The Unified Analytics Warehouse Reaches your Data, Wherever it Lives

Posted July 23, 2020 by Joy King, VP, Vertica Product Management & Product Marketing

You may have noticed something interesting about the next generation enterprise data warehouse (EDW) vendors. They’re all pushing to ensure all data moves to the same place for analytics purposes, which of course means their particular data store. This is very worrisome to me because it involves two levels of lock in: 1) underlying infrastructure from a single cloud vendor, and 2) the EDW vendor itself, whether or not the infrastructure and EDW are offered under the very same brand. Vertica has a different idea, which we announced last month but have been building for years. It’s called the “Unified Analytics Warehouse.”

As pioneers in big data, we know it may sound odd to not include the word “data” in the name of our solution architecture. But that is actually an intentional choice (despite repeated encouragement to use “data analytics” for SEO optimization). Our mission is to unify your analytics; that’s what’s important. With the UAW you can keep your data wherever it is, without excessive ETL or migration from one data store to another simply for the sake of analyzing it.

A single version of the truth 2.0

We believe that when customers need analytics across a range of data sets managed by their company, they don’t – and shouldn’t have to – care where that data is located. What they care about is getting a single version of the truth. This is what Vertica continues to deliver, a UAW that spans streaming data, batch data, structured and semi-structured data, and allows access to the preferred tools from the data science community. Our ongoing mission is to support a combination of shared data storage, whether that’s HDFS, object storage, multi-cloud, on-premises, or various combinations, along with the ability to deliver on SLAs via the organization’s preferred visualization and AI tools.

This is what a Unified Analytics Warehouse is all about. It allows some data to be stored in Vertica, as needed, when it makes sense for optimal performance at scale. It allows data to be in external communal storage in open source formats like JSON, ORC and Parquet to minimize data duplication for applications that also need access to the data. We believe the data should be stored in the format that is most efficient for the enterprise, while the Unified Analytics Warehouse functions as a single source of analytical truth spanning every department and use case.

What does the UAW require?

First, there are many data requirements, including support for many different data types. Second, these data types need to be manageable in batch, in motion, at rest, and combined with the necessary advantages of optimized compression. Third, the system requires highly reliable governance, security, and resiliency. Resiliency is particularly important, because when we consider that predictive analytics will lead to proactive steps, an enterprise has to be confident that these are the right steps. Fourth, the system has to be available 24×7, every day. Yes, the infrastructure – cloud, network, on-prem resources, etc. – are a key part of this architecture, but these elements can’t restrict it. And fifth, organizations who have successfully achieved their goals of predictive analytics and proactive actions need performance at previously unimaginable scale, most likely by operationalizing machine learning on the full data set.

To this last point, given the different workloads, use cases, and communities that the UAW must support, it needs to have rich analytical functions, including full end-to-end machine learning capabilities. And these need to be available not only within the warehouse, but also to data in external tables on communal storage platforms like HDFS and S3, and available through import and export of trained models, and through integration with tools like Tensor Flow, so you truly unify the analytics across an enterprise. All those “and” requirements are what differentiate Vertica today.

The EDW and the data lake converge

I talk to analysts, read reports, and see predictions from industry leaders all the time, and I continue to see that the big data industry expects a single solution to the EDW and data lake divide.
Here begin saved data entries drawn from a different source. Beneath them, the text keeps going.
-- ===== src/Engine/Discard.antt =====
-- `discard_payload` of zb_rpc_shared/include/zb_rpc/engine.hpp.
use mathlib.Core.Logic.{dif_pos, dif_neg}
use mathlib.Core.WellFounded.{Acc}
use native.Mathlib.Bridge.{le_prop}
use zigbee_remote.Prelude.{
  ℕ, zero, suc, ◌+◌, ◌-◌, ◌≤◌, ◌<◌, ◌≡◌, refl, sym, ap, ◌∙◌, Bool, true, false, none, some, List,
  [], ◌∷◌, arith, le-total, inl, inr, length, drop, length-drop,
}
use zigbee_remote.Prelude.WellFounded.{lt_wf}
use zigbee_remote.Fd.{Fd, read_all}
use zigbee_remote.Fd.Stream.{
  incoming, read_all_enough, read_all_lacking, read_all-sent, read_all-grants,
}
use zigbee_remote.Engine.{Engine, chunk_of, chunk_shrinks, discard_loop, discard_payload}

abbrev pub Skipped : ℕ → Fd → Bool × Fd → Type 0
Skipped size fd r =
    (r.1.sent ≡ fd.sent)
    × (r.1.grants ≡ fd.grants)
    × (size ≤ length (incoming fd) → (r.0 ≡ true) × (incoming r.1 ≡ drop size (incoming fd)))
    × (length (incoming fd) < size → r.0 ≡ false)

-- One round on a chunk that is there, and on one that is not.
pub discard_round :
    (size : ℕ) (smaller : (m : ℕ) → m < size → Acc ◌<◌ m) (fd : Fd) (more : 0 < size) (bs : List ℕ)
    → (read_all fd (chunk_of size)).0 ≡ some bs
    → discard_loop size (Acc.intro size smaller) fd
      ≡ discard_loop
          (size - chunk_of size)
          (smaller _ (chunk_shrinks size more))
          (read_all fd (chunk_of size)).1
unfolding discard_loop
discard_round size smaller fd more bs h = rw (dif_pos _ le_prop more, h)

pub discard_cut :
    (size : ℕ) (smaller : (m : ℕ) → m < size → Acc ◌<◌ m) (fd : Fd) (more : 0 < size)
    → (read_all fd (chunk_of size)).0 ≡ none
    → discard_loop size (Acc.intro size smaller) fd ≡ (false, (read_all fd (chunk_of size)).1)
unfolding discard_loop
discard_cut size smaller fd more h = rw (dif_pos _ le_prop more, h)

pub discard_done :
    (size : ℕ) (smaller : (m : ℕ) → m < size → Acc ◌<◌ m) (fd : Fd)
    → ¬ (0 < size)
    → discard_loop size (Acc.intro size smaller) fd ≡ (true, fd)
unfolding discard_loop
discard_done size smaller fd none_left = rw (dif_neg _ none_left)

pub chunk-le : (n : ℕ) → (0 < chunk_of (suc n)) × (chunk_of (suc n) ≤ suc n)
chunk-le n = ground arith

drop-drop {ℓ} : {A : Type ℓ} (n m k : ℕ) (xs : List A) → n + m ≡ k → drop m (drop n xs) ≡ drop k xs
drop-drop zero m k xs e = ap (λ (t : ℕ). drop t xs) (omega arith)
drop-drop {A} (suc n) m k [] e = drop-nil m ∙ sym (drop-nil k)
  where
    drop-nil : (t : ℕ) → drop {A = A} t [] ≡ []
    drop-nil zero = refl
    drop-nil (suc t) = refl
drop-drop (suc n) m zero (x ∷ xs) e = absurd (omega arith)
drop-drop (suc n) m (suc k) (x ∷ xs) e = drop-drop n m k xs (omega arith)

-- The induction step, over what the rest of the loop does on the descriptor after one chunk.
Skipped-chunk :
    (chunk size : ℕ) (fd fd' : Fd) (r : Bool × Fd)
    → chunk ≤ size
    → chunk ≤ length (incoming fd)
    → incoming fd' ≡ drop chunk (incoming fd)
    → fd'.sent ≡ fd.sent
    → fd'.grants ≡ fd.grants
    → Skipped (size - chunk) fd' r
    → Skipped size fd r
Skipped-chunk chunk size fd fd' r fits there left sent grants (sent', grants', enough, lacking) =
    let remaining : length (incoming fd') ≡ length (incoming fd) - chunk =
      ap length left ∙ length-drop chunk (incoming fd) in
    (
      sent' ∙ sent,
      grants' ∙ grants,
      λ h.
          let (done, rest) = enough (omega arith) in
          (
            done,
            rest
                ∙ ap (drop (size - chunk)) left
                ∙ drop-drop chunk (size - chunk) size (incoming fd) (omega arith),
          ),
      λ h. lacking (omega arith),
    )

discard_loop-Skipped :
    (size : ℕ) (w : Acc ◌<◌ size) (fd : Fd) → Skipped size fd (discard_loop size w fd)
discard_loop-Skipped zero (Acc.intro _ smaller) fd =
    rw (discard_done zero smaller fd (λ h. absurd (omega arith)))
      (refl, refl, λ h. (refl, refl), λ h. absurd (omega arith))
discard_loop-Skipped (suc n) (Acc.intro _ smaller) fd =
    let chunk = chunk_of (suc n) in
    let more : 0 < suc n = omega arith in
    let (_, fits) = chunk-le n in
    elim (le-total chunk (length (incoming fd))) [
      | inl there ↦
          let (bytes, left) = read_all_enough fd chunk there in
          rw (discard_round (suc n) smaller fd more _ bytes) (
            Skipped-chunk chunk (suc n) fd (read_all fd chunk).1 _ fits there left
              (read_all-sent fd chunk) (read_all-grants fd chunk)
              (discard_loop-Skipped (suc n - chunk) (smaller _ (chunk_shrinks (suc n) more))
                (read_all fd chunk).1))
      | inr short ↦
          rw (discard_cut (suc n) smaller fd more (read_all_lacking fd chunk short))
            (read_all-sent fd chunk, read_all-grants fd chunk, λ h. absurd (omega arith), λ h. refl)
    ]

pub discard_payload-Skipped :
    (size : ℕ) (e : Engine)
    → Skipped size e.fd ((discard_payload size e).0, (discard_payload size e).1.fd)
      × ((discard_payload size e).1.last_error ≡ e.last_error)
unfolding discard_payload
discard_payload-Skipped size e = (discard_loop-Skipped size (lt_wf.apply size) e.fd, refl)

-- Where the whole payload arrives, `discard_payload` succeeds, takes exactly its bytes from the
-- input and writes nothing.
pub discard_payload_skips :
    (size : ℕ) (e : Engine)
    → size ≤ length (incoming e.fd)
    → ((discard_payload size e).0 ≡ true)
      × (incoming (discard_payload size e).1.fd ≡ drop size (incoming e.fd))
      × ((discard_payload size e).1.fd.sent ≡ e.fd.sent)
discard_payload_skips size e there =
    let ((sent, _, enough, _), _) = discard_payload-Skipped size e in
    let (done, left) = enough there in (done, left, sent)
But in fact, both the data lake and the EDW are, together, a core part of the future. What wraps it all up is a unified approach to the analytics.
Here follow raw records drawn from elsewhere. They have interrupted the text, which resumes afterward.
-- ===== src/Engine/Progress.antt =====
-- No operation of the engine makes more input, and a header that is read takes twelve bytes of it.
use mathlib.Core.WellFounded.{Acc}
use native.Mathlib.Nat.{le_refl}
use zigbee_remote.Prelude.{
  ℕ, zero, suc, ◌+◌, ◌-◌, ◌≤◌, ◌<◌, ◌≡◌, refl, ap, some, Option-cases, List, arith, ◌==◌,
  Bool-cases, inl, inr,
}
use zigbee_remote.Prelude.WellFounded.{lt_wf}
use zigbee_remote.Fd.{Fd, read_all, write_all}
use zigbee_remote.Fd.Backlog.{backlog, read_all-backlog, read_all-backlog_le}
use zigbee_remote.Protocol.ApiId
use zigbee_remote.Protocol.ApiId.{ApiId}
use zigbee_remote.Protocol.Codes.{ErrorCode}
use zigbee_remote.Protocol.Payloads.{WireType, error_resp}
use zigbee_remote.Protocol.Desc.{RpcDesc}
use zigbee_remote.Engine.{
  Engine, WireHeader, FrameHeader, header_of_bytes, check_header, receive_header, receive_payload,
  send, send_error, chunk_of, chunk_shrinks, discard_loop, discard_payload,
}
use zigbee_remote.Engine.Discard.{discard_round, discard_cut, discard_done}
use zigbee_remote.Engine.Rpc.{
  no_match, handled, failed, Outcome, Invoke, report_error, is_no_error, answer, invoke_one,
  or_else,
}

abbrev pub pending : Engine → ℕ
pending e = backlog e.fd.arrivals

write_all-arrivals : (fd : Fd) (bytes : List ℕ) → (write_all fd bytes).1.arrivals ≡ fd.arrivals
unfolding write_all
write_all-arrivals fd bytes = refl

check_header-fd : (h : WireHeader) (fd : Fd) → (check_header h fd).1.fd ≡ fd
unfolding check_header
check_header-fd h fd = ground arith

pub receive_header_takes :
    (e : Engine) (h : FrameHeader)
    → (receive_header e).0 ≡ some h
    → pending (receive_header e).1 + 12 ≤ pending e
unfolding receive_header
receive_header_takes e h eq = elim (Option-cases (read_all e.fd 12).0) [
  | inl cut ↦ ground arith
  | inr (bs, got) ↦ ground (
    arith,
    read_all-backlog e.fd 12 bs got,
    check_header-fd (header_of_bytes bs) (read_all e.fd 12).1,
  )
]

module _ {T : Type 0} (w : WireType T) where
  pub send-arrivals :
      (id : ApiId) (x : T) (e : Engine) → (send w id x e).1.fd.arrivals ≡ e.fd.arrivals
  unfolding send write_all
  send-arrivals id x e = ground arith

  receive_payload-pending :
      (h : FrameHeader) (e : Engine) → pending (receive_payload w h e).1 ≤ pending e
  unfolding receive_payload
  receive_payload-pending h e = ground (arith, read_all-backlog_le e.fd w.size)

pub send_error-pending : (code : ErrorCode) (e : Engine) → pending (send_error code e).1 ≡ pending e
unfolding send_error
send_error-pending code e = ap backlog (send-arrivals error_resp ApiId.error _ e)

report_error-arrivals : (e : Engine) → (report_error e).fd.arrivals ≡ e.fd.arrivals
unfolding report_error send_error
report_error-arrivals e = elim (Bool-cases (is_no_error e.last_error)) [
  | inl clean ↦ rw clean refl
  | inr faulty ↦ rw faulty (send-arrivals error_resp ApiId.error _ e)
]

discard_loop-pending :
    (size : ℕ) (w : Acc ◌<◌ size) (fd : Fd)
    → backlog (discard_loop size w fd).1.arrivals ≤ backlog fd.arrivals
discard_loop-pending zero (Acc.intro _ smaller) fd =
    rw (discard_done zero smaller fd (λ h. absurd (omega arith))) (le_refl _)
discard_loop-pending (suc n) (Acc.intro _ smaller) fd =
    let chunk = chunk_of (suc n) in
    let more : 0 < suc n = omega arith in
    let taken = read_all-backlog_le fd chunk in
    elim (Option-cases (read_all fd chunk).0) [
      | inl cut ↦ rw (discard_cut (suc n) smaller fd more cut) taken
      | inr (bs, got) ↦
          let rest =
            discard_loop-pending (suc n - chunk) (smaller _ (chunk_shrinks (suc n) more))
              (read_all fd chunk).1 in
          rw (discard_round (suc n) smaller fd more bs got) (omega (arith, rest, taken))
    ]

pub discard_payload-pending :
    (size : ℕ) (e : Engine) → pending (discard_payload size e).1 ≤ pending e
unfolding discard_payload
discard_payload-pending size e = discard_loop-pending size (lt_wf.apply size) e.fd

-- A step of the dispatch that makes no more input.
pub record IsFrugal {W : Type 0} (step : Invoke W) : Type 0 where
  pub bound : (e : Engine) (w : W) → pending (step e w).1 ≤ pending e

module _ {W Req Resp : Type 0} (desc : RpcDesc Req Resp) (function : Req → W → Resp × W) where
  answer-pending :
      (r : Req) (e : Engine) (w : W) → pending (answer desc function r e w).1 ≡ pending e
  unfolding answer
  answer-pending r e w = ap backlog (send-arrivals desc.resp desc.id (function r w).0 e)

  invoke_one-pending :
      (h : FrameHeader) (e : Engine) (w : W)
      → pending (invoke_one desc function h e w).1 ≤ pending e
  unfolding invoke_one
  invoke_one-pending h e w =
      let took = receive_payload-pending desc.req h e in
      elim (Bool-cases (h.id == desc.id)) [
        | inl same ↦ elim (Option-cases (receive_payload desc.req h e).0) [
          | inl bad ↦
              rw (same, bad, invoke_one)
                (rw (report_error-arrivals (receive_payload desc.req h e).1) took)
          | inr (r, got) ↦
              rw (same, got, invoke_one)
                (rw (answer-pending r (receive_payload desc.req h e).1 w) took)
        ]
        | inr other ↦ rw other (le_refl _)
      ]

  pub invoke_one-IsFrugal : (h : FrameHeader) → IsFrugal (invoke_one desc function h)
  invoke_one-IsFrugal h = record { bound = invoke_one-pending h }

or_else-pending :
    {W : Type 0} (result : Outcome W) (next : Invoke W) (bound : ℕ)
    → pending result.1 ≤ bound
    → ((e : Engine) (w : W) → pending (next e w).1 ≤ pending e)
    → pending (or_else result next).1 ≤ bound
unfolding or_else
or_else-pending (no_match, e, w) next bound h frugal = omega (arith, frugal e w)
or_else-pending (handled, e, w) next bound h frugal = h
or_else-pending (failed, e, w) next bound h frugal = h

infixl 20 ◌andthen◌
pub ◌andthen◌ :
    {W : Type 0} {first next : Invoke W}
    → IsFrugal first
    → IsFrugal next
    → IsFrugal (λ e w. or_else (first e w) next)
first_frugal andthen next_frugal = record {
  bound = λ e w. or_else-pending _ _ _ (first_frugal.bound e w) next_frugal.bound;
}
The right answer for any form of analytics has nothing to do with putting all your data in one place. That’s not in the best interest of an enterprise, since the time and labor required to move and transform data workloads is costly and now, more than ever, represents a strong risk for future choices. We believe that a modern business’s focus needs to be on unified analytics, which spans deployment options, data, and locations, with advanced analytics and machine learning functions all accessible in the language of your choice. That’s what will help any organization move to data-driven insights faster, and make decisions based on those insights with confidence. Given the importance of managing vast volumes of data, as well as performance, accuracy, and the need to unify the analyst and the data science communities, we strongly believe in Vertica’s Unified Analytics Warehouse.